→ **GIVEN INFORMATION**:
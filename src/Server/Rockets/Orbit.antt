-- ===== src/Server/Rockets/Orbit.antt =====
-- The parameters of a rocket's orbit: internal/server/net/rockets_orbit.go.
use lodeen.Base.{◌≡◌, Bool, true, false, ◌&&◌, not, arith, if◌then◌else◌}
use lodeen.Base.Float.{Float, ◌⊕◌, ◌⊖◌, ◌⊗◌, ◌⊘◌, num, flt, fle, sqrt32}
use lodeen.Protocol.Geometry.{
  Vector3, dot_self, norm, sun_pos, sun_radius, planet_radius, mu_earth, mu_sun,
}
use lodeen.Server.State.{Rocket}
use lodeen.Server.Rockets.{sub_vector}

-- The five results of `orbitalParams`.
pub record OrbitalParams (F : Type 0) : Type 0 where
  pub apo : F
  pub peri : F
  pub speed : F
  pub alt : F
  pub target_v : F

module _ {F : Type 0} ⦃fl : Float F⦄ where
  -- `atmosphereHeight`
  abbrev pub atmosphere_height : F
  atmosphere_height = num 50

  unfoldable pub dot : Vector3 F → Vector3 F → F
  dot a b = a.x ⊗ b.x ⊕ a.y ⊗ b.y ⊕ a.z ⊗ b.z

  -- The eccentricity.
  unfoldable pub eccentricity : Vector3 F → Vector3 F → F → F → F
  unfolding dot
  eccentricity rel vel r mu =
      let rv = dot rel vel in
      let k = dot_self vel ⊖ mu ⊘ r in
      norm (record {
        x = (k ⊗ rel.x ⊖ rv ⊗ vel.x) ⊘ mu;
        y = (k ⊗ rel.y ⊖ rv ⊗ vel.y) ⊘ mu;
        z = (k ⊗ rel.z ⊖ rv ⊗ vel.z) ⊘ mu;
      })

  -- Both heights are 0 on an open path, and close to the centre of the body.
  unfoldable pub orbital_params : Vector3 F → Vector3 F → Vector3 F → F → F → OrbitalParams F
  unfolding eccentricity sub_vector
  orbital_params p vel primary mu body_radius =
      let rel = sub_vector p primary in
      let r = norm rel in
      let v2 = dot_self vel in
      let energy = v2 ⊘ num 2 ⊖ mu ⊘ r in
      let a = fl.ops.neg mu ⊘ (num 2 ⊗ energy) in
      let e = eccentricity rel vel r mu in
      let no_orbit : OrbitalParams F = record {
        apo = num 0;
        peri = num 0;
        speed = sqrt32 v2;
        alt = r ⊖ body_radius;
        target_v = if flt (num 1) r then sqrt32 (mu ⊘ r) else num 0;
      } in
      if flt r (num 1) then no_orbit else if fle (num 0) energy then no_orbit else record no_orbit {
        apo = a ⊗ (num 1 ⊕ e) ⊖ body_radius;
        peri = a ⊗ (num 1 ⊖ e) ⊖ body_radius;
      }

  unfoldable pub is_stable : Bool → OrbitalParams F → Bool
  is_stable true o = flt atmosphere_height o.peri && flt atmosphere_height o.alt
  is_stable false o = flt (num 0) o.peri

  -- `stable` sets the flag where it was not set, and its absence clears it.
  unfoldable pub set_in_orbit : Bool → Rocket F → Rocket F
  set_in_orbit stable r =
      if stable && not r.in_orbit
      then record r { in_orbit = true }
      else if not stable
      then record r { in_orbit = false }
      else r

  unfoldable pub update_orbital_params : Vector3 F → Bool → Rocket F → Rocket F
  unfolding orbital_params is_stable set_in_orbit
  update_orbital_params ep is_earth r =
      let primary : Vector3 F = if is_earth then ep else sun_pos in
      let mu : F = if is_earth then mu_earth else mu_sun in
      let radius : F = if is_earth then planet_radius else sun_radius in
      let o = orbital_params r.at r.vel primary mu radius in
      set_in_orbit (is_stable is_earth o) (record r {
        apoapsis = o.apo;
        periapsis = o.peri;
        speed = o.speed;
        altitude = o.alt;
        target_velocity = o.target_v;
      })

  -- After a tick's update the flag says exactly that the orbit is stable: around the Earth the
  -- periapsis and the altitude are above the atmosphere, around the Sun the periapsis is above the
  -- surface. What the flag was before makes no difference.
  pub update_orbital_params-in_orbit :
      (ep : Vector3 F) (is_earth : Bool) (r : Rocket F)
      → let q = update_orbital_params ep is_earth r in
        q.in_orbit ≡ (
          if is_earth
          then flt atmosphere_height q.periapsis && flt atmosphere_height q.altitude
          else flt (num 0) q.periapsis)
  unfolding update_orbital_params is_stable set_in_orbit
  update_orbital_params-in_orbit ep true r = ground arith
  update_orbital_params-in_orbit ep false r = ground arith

* * *

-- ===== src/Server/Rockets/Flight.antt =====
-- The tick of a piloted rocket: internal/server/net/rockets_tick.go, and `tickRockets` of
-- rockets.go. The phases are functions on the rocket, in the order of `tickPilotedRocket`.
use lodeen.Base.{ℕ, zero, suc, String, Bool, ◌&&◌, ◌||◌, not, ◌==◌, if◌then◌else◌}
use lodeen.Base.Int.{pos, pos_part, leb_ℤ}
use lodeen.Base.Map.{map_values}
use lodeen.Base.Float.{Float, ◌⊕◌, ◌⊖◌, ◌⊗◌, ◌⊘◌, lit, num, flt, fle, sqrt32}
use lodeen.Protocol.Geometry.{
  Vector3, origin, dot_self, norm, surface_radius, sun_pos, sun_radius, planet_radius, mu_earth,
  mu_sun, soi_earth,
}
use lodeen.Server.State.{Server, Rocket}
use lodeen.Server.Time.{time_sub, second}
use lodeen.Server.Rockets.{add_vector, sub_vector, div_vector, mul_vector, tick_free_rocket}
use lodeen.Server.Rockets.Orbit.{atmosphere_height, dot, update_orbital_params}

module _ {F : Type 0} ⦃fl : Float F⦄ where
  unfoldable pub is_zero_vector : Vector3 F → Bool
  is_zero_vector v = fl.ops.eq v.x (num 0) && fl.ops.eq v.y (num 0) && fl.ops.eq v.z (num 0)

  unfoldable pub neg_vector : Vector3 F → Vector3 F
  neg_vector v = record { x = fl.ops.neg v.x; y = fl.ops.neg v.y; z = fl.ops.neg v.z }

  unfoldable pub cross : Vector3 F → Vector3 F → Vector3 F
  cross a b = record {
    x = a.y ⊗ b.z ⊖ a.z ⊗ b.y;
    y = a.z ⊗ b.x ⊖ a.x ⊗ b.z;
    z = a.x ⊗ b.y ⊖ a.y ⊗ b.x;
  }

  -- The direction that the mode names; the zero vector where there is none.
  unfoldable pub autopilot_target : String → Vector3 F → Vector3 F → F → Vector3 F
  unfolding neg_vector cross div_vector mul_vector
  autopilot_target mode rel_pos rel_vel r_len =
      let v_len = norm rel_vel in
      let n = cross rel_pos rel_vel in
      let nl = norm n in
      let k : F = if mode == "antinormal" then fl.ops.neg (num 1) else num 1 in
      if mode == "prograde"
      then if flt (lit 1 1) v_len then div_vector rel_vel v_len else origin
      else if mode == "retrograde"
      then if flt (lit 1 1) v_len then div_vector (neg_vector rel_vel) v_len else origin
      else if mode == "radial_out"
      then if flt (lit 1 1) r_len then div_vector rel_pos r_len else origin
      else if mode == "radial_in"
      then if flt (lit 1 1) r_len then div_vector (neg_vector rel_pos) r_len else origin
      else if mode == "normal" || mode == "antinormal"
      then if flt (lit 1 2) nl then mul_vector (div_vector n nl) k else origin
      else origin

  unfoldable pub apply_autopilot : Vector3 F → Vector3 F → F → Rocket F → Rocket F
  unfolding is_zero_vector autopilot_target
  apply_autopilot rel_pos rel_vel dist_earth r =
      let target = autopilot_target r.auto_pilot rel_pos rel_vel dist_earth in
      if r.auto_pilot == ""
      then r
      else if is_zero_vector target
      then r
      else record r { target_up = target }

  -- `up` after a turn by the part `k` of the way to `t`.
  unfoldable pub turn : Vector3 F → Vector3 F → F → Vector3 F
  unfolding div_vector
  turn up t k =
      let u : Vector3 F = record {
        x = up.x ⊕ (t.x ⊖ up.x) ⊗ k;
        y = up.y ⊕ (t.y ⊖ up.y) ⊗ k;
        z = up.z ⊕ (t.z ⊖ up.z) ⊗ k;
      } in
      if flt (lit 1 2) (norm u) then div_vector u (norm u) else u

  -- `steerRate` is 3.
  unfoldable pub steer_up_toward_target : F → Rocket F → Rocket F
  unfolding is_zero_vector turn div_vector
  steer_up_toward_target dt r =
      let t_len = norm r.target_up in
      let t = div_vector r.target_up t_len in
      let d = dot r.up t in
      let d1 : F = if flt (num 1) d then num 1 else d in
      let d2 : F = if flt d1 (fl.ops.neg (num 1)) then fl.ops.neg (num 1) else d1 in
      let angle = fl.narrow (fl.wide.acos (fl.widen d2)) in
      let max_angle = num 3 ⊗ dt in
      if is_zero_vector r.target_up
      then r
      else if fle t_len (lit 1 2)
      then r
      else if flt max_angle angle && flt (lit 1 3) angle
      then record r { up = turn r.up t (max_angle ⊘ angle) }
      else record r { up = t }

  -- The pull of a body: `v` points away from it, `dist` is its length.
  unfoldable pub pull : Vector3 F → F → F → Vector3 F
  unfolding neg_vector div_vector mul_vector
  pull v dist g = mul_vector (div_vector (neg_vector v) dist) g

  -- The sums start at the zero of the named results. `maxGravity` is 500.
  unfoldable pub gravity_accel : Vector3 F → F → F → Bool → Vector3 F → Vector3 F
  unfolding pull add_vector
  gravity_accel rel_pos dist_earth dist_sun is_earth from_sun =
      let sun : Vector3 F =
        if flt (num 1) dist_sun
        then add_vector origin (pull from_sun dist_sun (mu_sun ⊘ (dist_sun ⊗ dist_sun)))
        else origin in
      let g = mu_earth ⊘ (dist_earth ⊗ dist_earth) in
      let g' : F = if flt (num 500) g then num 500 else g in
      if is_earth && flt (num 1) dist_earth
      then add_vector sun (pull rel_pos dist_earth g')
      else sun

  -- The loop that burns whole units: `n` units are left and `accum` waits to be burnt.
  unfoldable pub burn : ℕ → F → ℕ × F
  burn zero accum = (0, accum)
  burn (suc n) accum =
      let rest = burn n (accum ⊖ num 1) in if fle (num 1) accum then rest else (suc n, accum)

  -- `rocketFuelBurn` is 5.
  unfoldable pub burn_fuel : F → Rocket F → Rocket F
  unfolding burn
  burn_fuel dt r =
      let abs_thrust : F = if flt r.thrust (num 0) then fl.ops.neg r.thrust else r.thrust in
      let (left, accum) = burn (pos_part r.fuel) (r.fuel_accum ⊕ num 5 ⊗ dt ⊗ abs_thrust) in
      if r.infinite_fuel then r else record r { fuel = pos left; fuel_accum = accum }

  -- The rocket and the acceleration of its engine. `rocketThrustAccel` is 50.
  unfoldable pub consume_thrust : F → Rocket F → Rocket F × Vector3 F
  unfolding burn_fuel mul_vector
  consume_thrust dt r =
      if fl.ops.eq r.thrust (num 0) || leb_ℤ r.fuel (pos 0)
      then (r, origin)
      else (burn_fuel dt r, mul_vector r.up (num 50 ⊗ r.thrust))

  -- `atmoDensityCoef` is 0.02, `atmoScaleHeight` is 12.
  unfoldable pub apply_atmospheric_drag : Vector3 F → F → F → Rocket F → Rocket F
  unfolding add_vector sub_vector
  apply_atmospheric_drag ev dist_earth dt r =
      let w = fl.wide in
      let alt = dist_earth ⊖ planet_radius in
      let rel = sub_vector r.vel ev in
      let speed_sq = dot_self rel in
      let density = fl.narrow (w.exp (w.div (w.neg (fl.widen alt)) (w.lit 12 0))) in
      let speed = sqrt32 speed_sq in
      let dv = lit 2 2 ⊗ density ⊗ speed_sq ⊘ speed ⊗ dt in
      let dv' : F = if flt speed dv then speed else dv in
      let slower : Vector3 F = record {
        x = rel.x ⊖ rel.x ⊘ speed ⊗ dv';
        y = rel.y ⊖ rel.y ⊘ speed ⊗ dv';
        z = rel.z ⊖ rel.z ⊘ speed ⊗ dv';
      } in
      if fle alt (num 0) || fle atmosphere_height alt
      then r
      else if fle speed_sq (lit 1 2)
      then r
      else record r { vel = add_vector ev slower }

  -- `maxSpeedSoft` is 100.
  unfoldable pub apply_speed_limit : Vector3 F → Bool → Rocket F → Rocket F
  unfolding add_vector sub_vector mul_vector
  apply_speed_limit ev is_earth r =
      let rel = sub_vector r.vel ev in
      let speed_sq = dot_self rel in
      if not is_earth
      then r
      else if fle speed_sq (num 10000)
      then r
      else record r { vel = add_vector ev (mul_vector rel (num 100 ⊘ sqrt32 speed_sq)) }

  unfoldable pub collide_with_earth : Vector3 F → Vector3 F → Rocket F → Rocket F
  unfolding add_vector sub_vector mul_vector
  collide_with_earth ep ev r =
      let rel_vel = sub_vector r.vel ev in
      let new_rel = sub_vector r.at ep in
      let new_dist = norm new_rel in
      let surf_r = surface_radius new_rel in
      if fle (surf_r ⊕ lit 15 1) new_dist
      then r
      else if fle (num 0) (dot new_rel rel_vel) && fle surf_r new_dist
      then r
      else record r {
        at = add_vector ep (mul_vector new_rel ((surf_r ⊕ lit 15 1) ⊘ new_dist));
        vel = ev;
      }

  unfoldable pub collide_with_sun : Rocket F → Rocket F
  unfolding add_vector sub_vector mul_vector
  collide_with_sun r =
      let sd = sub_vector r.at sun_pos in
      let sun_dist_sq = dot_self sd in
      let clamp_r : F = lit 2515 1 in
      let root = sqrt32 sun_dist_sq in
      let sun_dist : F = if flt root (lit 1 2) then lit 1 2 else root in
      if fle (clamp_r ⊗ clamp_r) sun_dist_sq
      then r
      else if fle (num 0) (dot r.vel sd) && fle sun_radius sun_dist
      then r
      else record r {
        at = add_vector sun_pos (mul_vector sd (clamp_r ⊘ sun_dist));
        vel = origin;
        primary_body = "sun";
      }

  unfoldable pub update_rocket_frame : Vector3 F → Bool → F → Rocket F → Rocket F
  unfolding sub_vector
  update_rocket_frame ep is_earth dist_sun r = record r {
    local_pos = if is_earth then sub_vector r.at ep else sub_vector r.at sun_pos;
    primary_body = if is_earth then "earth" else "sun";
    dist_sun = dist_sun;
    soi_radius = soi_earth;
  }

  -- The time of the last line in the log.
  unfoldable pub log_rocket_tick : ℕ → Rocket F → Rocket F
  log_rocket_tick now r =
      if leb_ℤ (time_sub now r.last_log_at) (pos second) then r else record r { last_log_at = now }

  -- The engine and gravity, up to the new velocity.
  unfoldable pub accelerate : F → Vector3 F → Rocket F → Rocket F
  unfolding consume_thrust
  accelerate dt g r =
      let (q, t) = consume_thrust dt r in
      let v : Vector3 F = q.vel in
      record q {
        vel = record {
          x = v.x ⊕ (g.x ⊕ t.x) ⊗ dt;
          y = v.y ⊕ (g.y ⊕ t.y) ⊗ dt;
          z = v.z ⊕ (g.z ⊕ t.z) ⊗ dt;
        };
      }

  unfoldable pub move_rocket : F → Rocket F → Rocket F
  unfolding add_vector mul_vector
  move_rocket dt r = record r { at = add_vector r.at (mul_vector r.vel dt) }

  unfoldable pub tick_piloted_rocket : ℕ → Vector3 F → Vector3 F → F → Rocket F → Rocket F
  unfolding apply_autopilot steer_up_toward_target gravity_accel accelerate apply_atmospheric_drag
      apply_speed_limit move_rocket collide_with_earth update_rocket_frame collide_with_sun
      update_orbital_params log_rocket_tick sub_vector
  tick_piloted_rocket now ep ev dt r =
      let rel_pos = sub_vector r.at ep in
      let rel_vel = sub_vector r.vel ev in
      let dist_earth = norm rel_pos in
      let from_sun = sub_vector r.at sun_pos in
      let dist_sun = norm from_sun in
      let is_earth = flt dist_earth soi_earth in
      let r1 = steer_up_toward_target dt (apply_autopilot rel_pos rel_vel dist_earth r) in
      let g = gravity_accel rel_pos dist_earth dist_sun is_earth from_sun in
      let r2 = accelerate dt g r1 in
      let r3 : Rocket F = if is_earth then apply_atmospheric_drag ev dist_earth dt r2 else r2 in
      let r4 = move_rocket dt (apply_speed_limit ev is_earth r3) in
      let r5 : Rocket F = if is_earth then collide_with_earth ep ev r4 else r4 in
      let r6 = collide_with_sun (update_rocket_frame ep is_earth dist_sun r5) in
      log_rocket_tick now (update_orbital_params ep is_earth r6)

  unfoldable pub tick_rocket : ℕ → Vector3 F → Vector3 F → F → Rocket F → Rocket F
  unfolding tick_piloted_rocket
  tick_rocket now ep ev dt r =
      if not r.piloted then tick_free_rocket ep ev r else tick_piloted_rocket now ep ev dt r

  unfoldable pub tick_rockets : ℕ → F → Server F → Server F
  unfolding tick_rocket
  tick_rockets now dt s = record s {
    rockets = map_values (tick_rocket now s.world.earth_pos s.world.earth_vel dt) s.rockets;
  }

* * *

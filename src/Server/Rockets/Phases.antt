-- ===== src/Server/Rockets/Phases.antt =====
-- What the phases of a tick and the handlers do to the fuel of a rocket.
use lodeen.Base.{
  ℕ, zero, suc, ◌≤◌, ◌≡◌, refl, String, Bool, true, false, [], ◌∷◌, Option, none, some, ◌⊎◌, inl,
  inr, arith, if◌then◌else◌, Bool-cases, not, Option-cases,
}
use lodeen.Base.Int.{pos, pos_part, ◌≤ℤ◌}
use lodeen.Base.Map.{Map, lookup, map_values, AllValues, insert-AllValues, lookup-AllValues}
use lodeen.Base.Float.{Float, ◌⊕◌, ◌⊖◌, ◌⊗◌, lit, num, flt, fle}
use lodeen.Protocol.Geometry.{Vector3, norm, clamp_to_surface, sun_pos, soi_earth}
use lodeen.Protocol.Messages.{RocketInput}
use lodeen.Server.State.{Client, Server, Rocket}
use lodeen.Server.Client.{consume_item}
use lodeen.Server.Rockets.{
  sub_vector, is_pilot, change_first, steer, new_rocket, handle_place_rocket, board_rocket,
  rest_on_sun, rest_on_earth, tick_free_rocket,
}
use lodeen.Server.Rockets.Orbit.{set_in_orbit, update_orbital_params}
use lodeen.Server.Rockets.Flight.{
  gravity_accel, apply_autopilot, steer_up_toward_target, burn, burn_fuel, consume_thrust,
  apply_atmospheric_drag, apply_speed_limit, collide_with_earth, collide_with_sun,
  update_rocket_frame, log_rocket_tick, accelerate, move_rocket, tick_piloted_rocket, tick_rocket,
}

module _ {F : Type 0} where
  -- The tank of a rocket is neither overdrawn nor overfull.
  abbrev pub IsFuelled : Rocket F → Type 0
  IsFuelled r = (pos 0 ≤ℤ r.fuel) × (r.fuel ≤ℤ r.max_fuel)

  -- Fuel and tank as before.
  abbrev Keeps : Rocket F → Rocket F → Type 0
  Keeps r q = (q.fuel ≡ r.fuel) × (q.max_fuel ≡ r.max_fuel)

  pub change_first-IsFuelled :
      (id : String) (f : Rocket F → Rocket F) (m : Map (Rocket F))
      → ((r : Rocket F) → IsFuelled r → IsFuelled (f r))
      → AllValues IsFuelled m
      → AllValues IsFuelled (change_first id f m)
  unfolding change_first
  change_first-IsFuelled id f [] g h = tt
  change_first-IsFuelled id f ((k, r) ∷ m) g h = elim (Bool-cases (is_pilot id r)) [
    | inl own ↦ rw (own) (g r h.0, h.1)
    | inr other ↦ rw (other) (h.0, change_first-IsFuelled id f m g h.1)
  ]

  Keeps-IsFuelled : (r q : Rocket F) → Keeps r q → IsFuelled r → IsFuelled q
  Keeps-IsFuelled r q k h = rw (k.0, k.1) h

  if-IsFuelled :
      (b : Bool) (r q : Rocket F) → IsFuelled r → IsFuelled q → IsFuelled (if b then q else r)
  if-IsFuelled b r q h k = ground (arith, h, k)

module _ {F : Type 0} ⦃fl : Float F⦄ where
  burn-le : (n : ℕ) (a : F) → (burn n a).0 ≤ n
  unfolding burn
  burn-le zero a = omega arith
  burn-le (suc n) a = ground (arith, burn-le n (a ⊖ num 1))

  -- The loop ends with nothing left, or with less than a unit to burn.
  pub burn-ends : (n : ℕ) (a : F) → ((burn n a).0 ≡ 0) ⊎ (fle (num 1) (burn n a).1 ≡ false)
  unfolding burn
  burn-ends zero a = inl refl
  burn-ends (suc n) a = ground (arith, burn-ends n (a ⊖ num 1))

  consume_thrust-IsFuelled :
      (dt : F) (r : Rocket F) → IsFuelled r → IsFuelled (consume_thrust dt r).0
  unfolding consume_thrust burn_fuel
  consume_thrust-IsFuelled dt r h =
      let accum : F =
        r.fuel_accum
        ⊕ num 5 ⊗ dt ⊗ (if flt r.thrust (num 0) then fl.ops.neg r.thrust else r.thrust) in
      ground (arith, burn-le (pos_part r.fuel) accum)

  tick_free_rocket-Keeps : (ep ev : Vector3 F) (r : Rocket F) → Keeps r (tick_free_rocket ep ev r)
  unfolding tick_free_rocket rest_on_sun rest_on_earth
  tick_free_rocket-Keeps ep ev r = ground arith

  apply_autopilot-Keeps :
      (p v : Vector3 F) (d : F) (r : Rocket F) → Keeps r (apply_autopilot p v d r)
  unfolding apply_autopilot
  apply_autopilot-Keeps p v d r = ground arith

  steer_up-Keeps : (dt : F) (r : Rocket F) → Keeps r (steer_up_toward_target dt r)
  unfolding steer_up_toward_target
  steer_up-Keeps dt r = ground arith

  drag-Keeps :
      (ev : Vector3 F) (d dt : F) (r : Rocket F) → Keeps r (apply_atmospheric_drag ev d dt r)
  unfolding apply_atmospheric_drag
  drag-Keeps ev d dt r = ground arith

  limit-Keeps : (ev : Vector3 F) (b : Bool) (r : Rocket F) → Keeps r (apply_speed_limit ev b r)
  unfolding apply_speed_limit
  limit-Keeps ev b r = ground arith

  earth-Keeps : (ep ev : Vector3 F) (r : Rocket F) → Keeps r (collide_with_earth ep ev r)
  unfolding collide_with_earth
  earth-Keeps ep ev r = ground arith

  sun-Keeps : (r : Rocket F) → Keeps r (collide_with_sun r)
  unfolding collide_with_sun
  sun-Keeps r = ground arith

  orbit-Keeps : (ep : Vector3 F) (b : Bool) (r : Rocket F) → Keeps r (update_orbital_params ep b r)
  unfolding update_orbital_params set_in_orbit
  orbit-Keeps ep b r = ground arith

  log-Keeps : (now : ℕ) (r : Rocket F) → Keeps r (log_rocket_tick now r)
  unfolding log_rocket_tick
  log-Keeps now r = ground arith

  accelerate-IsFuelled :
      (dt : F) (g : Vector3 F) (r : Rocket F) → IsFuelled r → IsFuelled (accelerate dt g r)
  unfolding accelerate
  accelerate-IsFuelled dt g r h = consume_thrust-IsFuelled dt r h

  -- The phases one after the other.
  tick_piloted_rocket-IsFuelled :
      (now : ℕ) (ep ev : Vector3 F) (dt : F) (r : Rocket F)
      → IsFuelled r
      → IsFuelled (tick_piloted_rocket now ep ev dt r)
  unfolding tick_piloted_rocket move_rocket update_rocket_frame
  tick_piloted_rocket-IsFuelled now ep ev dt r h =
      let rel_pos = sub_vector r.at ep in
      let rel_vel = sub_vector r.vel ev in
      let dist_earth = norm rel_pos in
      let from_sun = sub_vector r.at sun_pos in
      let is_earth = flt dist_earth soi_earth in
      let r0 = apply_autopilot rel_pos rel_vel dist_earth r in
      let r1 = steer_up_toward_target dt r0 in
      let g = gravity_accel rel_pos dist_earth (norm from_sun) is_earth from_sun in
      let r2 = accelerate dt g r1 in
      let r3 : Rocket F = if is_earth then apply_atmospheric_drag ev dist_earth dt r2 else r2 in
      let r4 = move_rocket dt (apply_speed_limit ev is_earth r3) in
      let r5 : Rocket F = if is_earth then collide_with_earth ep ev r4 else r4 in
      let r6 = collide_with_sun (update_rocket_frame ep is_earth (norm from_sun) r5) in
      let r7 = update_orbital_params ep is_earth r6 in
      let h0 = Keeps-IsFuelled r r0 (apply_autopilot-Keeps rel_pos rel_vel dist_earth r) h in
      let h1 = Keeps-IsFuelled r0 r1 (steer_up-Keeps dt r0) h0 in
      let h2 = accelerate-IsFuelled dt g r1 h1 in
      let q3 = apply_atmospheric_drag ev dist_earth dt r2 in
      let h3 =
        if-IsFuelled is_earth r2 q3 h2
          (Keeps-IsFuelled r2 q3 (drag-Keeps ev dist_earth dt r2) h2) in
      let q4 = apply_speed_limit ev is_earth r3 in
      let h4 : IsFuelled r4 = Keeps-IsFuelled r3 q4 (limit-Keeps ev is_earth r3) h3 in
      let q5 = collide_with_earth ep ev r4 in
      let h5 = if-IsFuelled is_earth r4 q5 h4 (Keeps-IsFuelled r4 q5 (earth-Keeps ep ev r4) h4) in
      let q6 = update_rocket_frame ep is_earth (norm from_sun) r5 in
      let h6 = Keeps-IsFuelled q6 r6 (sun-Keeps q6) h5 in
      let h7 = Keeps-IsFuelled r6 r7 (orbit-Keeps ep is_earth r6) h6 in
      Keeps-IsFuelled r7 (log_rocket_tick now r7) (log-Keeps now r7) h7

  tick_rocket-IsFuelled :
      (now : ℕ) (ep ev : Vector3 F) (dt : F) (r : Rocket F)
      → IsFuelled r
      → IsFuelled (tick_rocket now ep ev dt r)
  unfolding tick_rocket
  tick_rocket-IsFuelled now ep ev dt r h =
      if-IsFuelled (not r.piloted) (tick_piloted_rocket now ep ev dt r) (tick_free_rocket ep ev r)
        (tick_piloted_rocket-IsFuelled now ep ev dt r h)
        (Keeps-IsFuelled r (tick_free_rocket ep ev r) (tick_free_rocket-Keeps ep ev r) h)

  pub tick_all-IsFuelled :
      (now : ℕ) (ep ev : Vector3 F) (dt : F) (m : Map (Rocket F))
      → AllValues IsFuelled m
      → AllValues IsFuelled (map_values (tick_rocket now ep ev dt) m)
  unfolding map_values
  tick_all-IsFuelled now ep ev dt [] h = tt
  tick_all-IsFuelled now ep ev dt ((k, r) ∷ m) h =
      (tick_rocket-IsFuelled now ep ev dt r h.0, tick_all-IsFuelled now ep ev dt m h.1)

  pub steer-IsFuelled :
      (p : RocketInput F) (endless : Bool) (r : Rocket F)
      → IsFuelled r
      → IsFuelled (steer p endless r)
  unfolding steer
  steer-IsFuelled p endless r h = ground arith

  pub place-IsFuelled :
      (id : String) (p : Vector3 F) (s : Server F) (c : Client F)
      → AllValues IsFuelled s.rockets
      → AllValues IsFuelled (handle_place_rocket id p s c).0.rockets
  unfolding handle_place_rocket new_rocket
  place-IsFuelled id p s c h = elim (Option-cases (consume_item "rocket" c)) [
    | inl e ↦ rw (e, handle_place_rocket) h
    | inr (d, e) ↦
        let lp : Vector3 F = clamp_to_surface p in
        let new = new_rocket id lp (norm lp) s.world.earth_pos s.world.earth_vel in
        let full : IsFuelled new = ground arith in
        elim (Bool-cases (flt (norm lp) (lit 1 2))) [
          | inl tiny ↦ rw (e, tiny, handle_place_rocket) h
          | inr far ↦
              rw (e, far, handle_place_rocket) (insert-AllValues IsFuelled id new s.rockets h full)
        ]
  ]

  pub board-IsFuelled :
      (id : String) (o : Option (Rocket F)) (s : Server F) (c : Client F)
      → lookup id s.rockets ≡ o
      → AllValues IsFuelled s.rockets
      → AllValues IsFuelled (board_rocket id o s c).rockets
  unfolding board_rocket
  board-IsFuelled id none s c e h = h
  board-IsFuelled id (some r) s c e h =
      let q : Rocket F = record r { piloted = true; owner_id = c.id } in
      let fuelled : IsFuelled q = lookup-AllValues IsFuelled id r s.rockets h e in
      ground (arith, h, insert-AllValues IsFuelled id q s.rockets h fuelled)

→ **TASK INSTRUCTIONS**:
Could you restate, word for word, the lines above from the one with "-- After a tick's" to the one with "update_orbital_params-in_orbit ep false", both included?

→ **WRITTEN ANSWER**:
  -- After a tick's update the flag says exactly that the orbit is stable: around the Earth the
  -- periapsis and the altitude are above the atmosphere, around the Sun the periapsis is above the
  -- surface. What the flag was before makes no difference.
  pub update_orbital_params-in_orbit :
      (ep : Vector3 F) (is_earth : Bool) (r : Rocket F)
      → let q = update_orbital_params ep is_earth r in
        q.in_orbit ≡ (
          if is_earth
          then flt atmosphere_height q.periapsis && flt atmosphere_height q.altitude
          else flt (num 0) q.periapsis)
  unfolding update_orbital_params is_stable set_in_orbit
  update_orbital_params-in_orbit ep true r = ground arith
  update_orbital_params-in_orbit ep false r = ground arith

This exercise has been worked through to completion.